Exercise requirements: Using the records below, output the stretch that opens with the line containing "poll_leader-IsSearch (suc rounds)" and closes with the line containing "abbrev pub IsRestored", exactly and including both lines, with nothing more.

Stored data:
▽
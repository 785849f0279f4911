-- ===== src/Sidecar/Restores.antt =====
-- The scenarios that pause one node at a time leave no node paused when they pass.
use raft_implementation.Prelude.{
  ℕ, zero, suc, ◌≡◌, refl, sym, ap, ◌∙◌, inl, inr, true, false, ◌||◌, arith, String, Bool, Option,
  none, some, List, [], ◌∷◌, str_eq, if◌then◌else◌, if-elim, Bool-cases, string_eq, eq_iff, ◌+◌,
}
use raft_implementation.Sidecar.Registry.{NodeDef, RaftStatus, Sidecar, is_paused}
use raft_implementation.Sidecar.Docker.{Environment}
use raft_implementation.Sidecar.Cluster.{fetch_raft_status}
use raft_implementation.Sidecar.Lifecycle.{with_world, pause_node, unpause_node}
use raft_implementation.Sidecar.Status.{says_leader}
use raft_implementation.Sidecar.Pauses.{
  SameControl, SameControl-trans, is_paused-same, IsSwitched, pause_node-IsSwitched,
  unpause_node-IsSwitched,
}
use raft_implementation.Sidecar.Scenarios.{
  ask, find_leader, found_or, poll_leader, unless_failed, with_found, finished, fail_over,
  isolate_leader, churn_round, churn, leader_churn,
}

flag_back :
    (id j : String) (p₁ p₂ : Bool) (p : String → Bool)
    → p id ≡ false
    → p₁ ≡ (if str_eq id j then true else p j)
    → p₂ ≡ p₁
    → (if str_eq id j then false else p₂) ≡ p j
flag_back id j p₁ p₂ p free h k = elim (Bool-cases (str_eq id j)) [
  | inl same ↦ rw same (sym free ∙ ap p ((eq_iff id j).0 same))
  | inr other ↦ rw other (k ∙ h ∙ rw other refl)
]

module _ {W : Type 0} (env : Environment W) where
  -- A search finds a node that is not paused, if any, and changes no flag.
  abbrev pub IsSearch : Sidecar W → Sidecar W × Option NodeDef → Type 0
  IsSearch s (s', none) = SameControl s s'
  IsSearch s (s', some n) = SameControl s s' × (is_paused n.id s ≡ false)

  pub ask-SameControl :
      (skip : String → Bool) (n : NodeDef) (s : Sidecar W) → SameControl s (ask env skip n s).0
  unfolding ask
  ask-SameControl skip n s =
      if-elim {A = Sidecar W × Option RaftStatus} (λ x. SameControl s x.0)
        (skip n.id || is_paused n.id s) (s, none)
        (with_world (fetch_raft_status env n.http_port s.world).0 s, _) (λ h. (refl, refl))
        (λ h. (refl, refl))

  -- A node that was asked is not paused.
  abbrev pub IsFree : NodeDef → Sidecar W → Option RaftStatus → Type 0
  IsFree n s none = Unit
  IsFree n s (some st) = is_paused n.id s ≡ false

  IsFree-any :
      (n : NodeDef) (s : Sidecar W) (st : Option RaftStatus)
      → is_paused n.id s ≡ false
      → IsFree n s st
  IsFree-any n s none h = tt
  IsFree-any n s (some st) h = h

  pub ask-IsFree :
      (skip : String → Bool) (n : NodeDef) (s : Sidecar W) → IsFree n s (ask env skip n s).1
  unfolding ask
  ask-IsFree skip n s =
      let st = (fetch_raft_status env n.http_port s.world).1 in
      if-elim {A = Sidecar W × Option RaftStatus} (λ x. IsFree n s x.1)
        (skip n.id || is_paused n.id s) (s, none)
        (with_world (fetch_raft_status env n.http_port s.world).0 s, st) (λ h. tt)
        (λ h. IsFree-any n s st (ground arith))

  leader-IsFree :
      (n : NodeDef) (s : Sidecar W) (st : Option RaftStatus)
      → IsFree n s st
      → says_leader st ≡ true
      → is_paused n.id s ≡ false
  leader-IsFree n s none h k = absurd (ground arith)
  leader-IsFree n s (some st) h k = h

  IsSearch-after :
      (s s' : Sidecar W) (x : Sidecar W × Option NodeDef)
      → SameControl s s'
      → IsSearch s' x
      → IsSearch s x
  IsSearch-after s s' (s'', none) h k = SameControl-trans s s' s'' h k
  IsSearch-after s s' (s'', some n) h k =
      (SameControl-trans s s' s'' h k.0, sym (is_paused-same s s' n.id h) ∙ k.1)

  pub find_leader-IsSearch :
      (skip : String → Bool) (all : List NodeDef) (s : Sidecar W)
      → IsSearch s (find_leader env skip all s)
  unfolding find_leader
  find_leader-IsSearch skip [] s = (refl, refl)
  find_leader-IsSearch skip (n ∷ ns) s =
      let s' = (ask env skip n s).0 in
      let same = ask-SameControl skip n s in
      if-elim (IsSearch s) (says_leader (ask env skip n s).1) (s', some n)
        (find_leader env skip ns s')
        (λ h. (same, leader-IsFree n s (ask env skip n s).1 (ask-IsFree skip n s) h))
        (λ h.
          IsSearch-after s s' (find_leader env skip ns s') same (find_leader-IsSearch skip ns s'))

  found_or-IsSearch :
      (s : Sidecar W) (x next : Sidecar W × Option NodeDef)
      → IsSearch s x
      → IsSearch x.0 next
      → IsSearch s (found_or env x next)
  found_or-IsSearch s (s', some n) next h k = h
  found_or-IsSearch s (s', none) next h k = IsSearch-after s s' next h k

  poll_leader-IsSearch :
      (rounds : ℕ) (skip : String → Bool) (all : List NodeDef) (s : Sidecar W)
      → IsSearch s (poll_leader env rounds skip all s)
  unfolding poll_leader
  poll_leader-IsSearch zero skip all s = (refl, refl)
  poll_leader-IsSearch (suc rounds) skip all s =
      let x = find_leader env skip all s in
      found_or-IsSearch s x (poll_leader env rounds skip all x.0) (find_leader-IsSearch skip all s)
        (poll_leader-IsSearch rounds skip all x.0)

  pub IsSearch-SameControl :
      (s : Sidecar W) (x : Sidecar W × Option NodeDef) → IsSearch s x → SameControl s x.0
  IsSearch-SameControl s (s', none) h = h
  IsSearch-SameControl s (s', some n) h = h.0

  -- A passed scenario has the registry and the flags of its start; a failed one the registry.
  abbrev pub IsRestored : Sidecar W → Sidecar W × Option String → Type 0
  IsRestored s (s', none) = (s'.nodes ≡ s.nodes) × ((j : String) → is_paused j s' ≡ is_paused j s)
  IsRestored s (s', some err) = s'.nodes ≡ s.nodes

  IsRestored-after :
      (s s' : Sidecar W) (x : Sidecar W × Option String)
      → SameControl s s'
      → IsRestored s' x
      → IsRestored s x
  IsRestored-after s s' (s'', none) h k = (k.0 ∙ h.0, λ j. k.1 j ∙ is_paused-same s s' j h)
  IsRestored-after s s' (s'', some err) h k = k ∙ h.0

  pub IsRestored-then :
      (what : String) (s : Sidecar W) (x next : Sidecar W × Option String)
      → IsRestored s x
      → IsRestored x.0 next
      → IsRestored s (unless_failed env what x next)
  IsRestored-then what s (s', some e) next h k = h
  IsRestored-then what s (s', none) (s'', none) h k = (k.0 ∙ h.0, λ j. k.1 j ∙ h.1 j)
  IsRestored-then what s (s', none) (s'', some e) h k = k ∙ h.0

  -- Paused, searched for another node, unpaused.
  pub cycle-IsRestored :
      (what no_leader no_restore : String) (node : NodeDef) (s s₂ : Sidecar W)
      (found : Option NodeDef) (x₁ x₃ : Sidecar W × Option String)
      → is_paused node.id s ≡ false
      → IsSwitched env true node s x₁
      → SameControl x₁.0 s₂
      → IsSwitched env false node s₂ x₃
      → IsRestored s (unless_failed env what x₁ (finished env no_leader no_restore found x₃))
  cycle-IsRestored what a b node s s₂ found (s₁, some e) x₃ free h same k = h.0
  cycle-IsRestored what a b node s s₂ none (s₁, none) (s₃, none) free h same k = k.0 ∙ same.0 ∙ h.0
  cycle-IsRestored what a b node s s₂ none (s₁, none) (s₃, some e) free h same k =
      k.0 ∙ same.0 ∙ h.0
  cycle-IsRestored what a b node s s₂ (some n) (s₁, none) (s₃, some e) free h same k =
      k.0 ∙ same.0 ∙ h.0
  cycle-IsRestored what a b node s s₂ (some n) (s₁, none) (s₃, none) free h same k = (
    k.0 ∙ same.0 ∙ h.0,
    λ j.
        k.1 j
        ∙ flag_back node.id j (is_paused j s₁) (is_paused j s₂) (λ id. is_paused id s) free (h.1 j)
            (is_paused-same s₁ s₂ j same),
  )

  fail_over-IsRestored :
      (rounds : ℕ) (all : List NodeDef) (no_pause no_leader no_restore : String) (leader : NodeDef)
      (s : Sidecar W)
      → is_paused leader.id s ≡ false
      → IsRestored s (fail_over env rounds all no_pause no_leader no_restore leader s)
  unfolding fail_over
  fail_over-IsRestored rounds all a b c leader s free =
      let x₁ = pause_node env leader s in
      let found = poll_leader env rounds (λ id. str_eq id leader.id) all x₁.0 in
      let same = IsSearch-SameControl x₁.0 found (poll_leader-IsSearch rounds _ all x₁.0) in
      cycle-IsRestored a b c leader s found.0 found.1 x₁ (unpause_node env leader found.0) free
        (pause_node-IsSwitched env leader s) same (unpause_node-IsSwitched env leader found.0)

  pub with_found-IsRestored :
      (no_leader : String) (s : Sidecar W) (x : Sidecar W × Option NodeDef)
      (go : NodeDef → Sidecar W → Sidecar W × Option String)
      → IsSearch s x
      → ((n : NodeDef) (s' : Sidecar W) → is_paused n.id s' ≡ false → IsRestored s' (go n s'))
      → IsRestored s (with_found env no_leader x go)
  with_found-IsRestored t s (s', none) go h k = h.0
  with_found-IsRestored t s (s', some n) go h k =
      IsRestored-after s s' (go n s') h.0 (k n s' (is_paused-same s s' n.id h.0 ∙ h.1))

  pub isolate_leader-IsRestored :
      (rounds : ℕ) (s : Sidecar W) → IsRestored s (isolate_leader env rounds s)
  unfolding isolate_leader
  isolate_leader-IsRestored rounds s =
      with_found-IsRestored _ s (find_leader env (λ id. false) s.nodes s) _
        (find_leader-IsSearch (λ id. false) s.nodes s)
        (λ n s' free. fail_over-IsRestored rounds s.nodes _ _ _ n s' free)

  churn_round-IsRestored :
      (rounds round : ℕ) (all : List NodeDef) (s : Sidecar W)
      → IsRestored s (churn_round env rounds round all s)
  unfolding churn_round
  churn_round-IsRestored rounds round all s =
      let x = find_leader env (λ id. false) all s in
      let y = find_leader env (λ id. false) all x.0 in
      with_found-IsRestored _ s (found_or env x y) _
        (found_or-IsSearch s x y (find_leader-IsSearch (λ id. false) all s)
          (find_leader-IsSearch (λ id. false) all x.0))
        (λ n s' free. fail_over-IsRestored rounds all _ _ _ n s' free)

  churn-IsRestored :
      (left rounds round : ℕ) (all : List NodeDef) (s : Sidecar W)
      → IsRestored s (churn env left rounds round all s)
  unfolding churn
  churn-IsRestored zero rounds round all s = (refl, λ j. refl)
  churn-IsRestored (suc left) rounds round all s =
      let x = churn_round env rounds round all s in
      IsRestored-then "" s x _ (churn_round-IsRestored rounds round all s)
        (churn-IsRestored left rounds (round + 1) all x.0)

  pub leader_churn-IsRestored :
      (rounds : ℕ) (s : Sidecar W) → IsRestored s (leader_churn env rounds s)
  unfolding leader_churn
  leader_churn-IsRestored rounds s = churn-IsRestored 3 rounds 1 s.nodes s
△
Solution below:
  poll_leader-IsSearch (suc rounds) skip all s =
      let x = find_leader env skip all s in
      found_or-IsSearch s x (poll_leader env rounds skip all x.0) (find_leader-IsSearch skip all s)
        (poll_leader-IsSearch rounds skip all x.0)

  pub IsSearch-SameControl :
      (s : Sidecar W) (x : Sidecar W × Option NodeDef) → IsSearch s x → SameControl s x.0
  IsSearch-SameControl s (s', none) h = h
  IsSearch-SameControl s (s', some n) h = h.0

  -- A passed scenario has the registry and the flags of its start; a failed one the registry.
  abbrev pub IsRestored : Sidecar W → Sidecar W × Option String → Type 0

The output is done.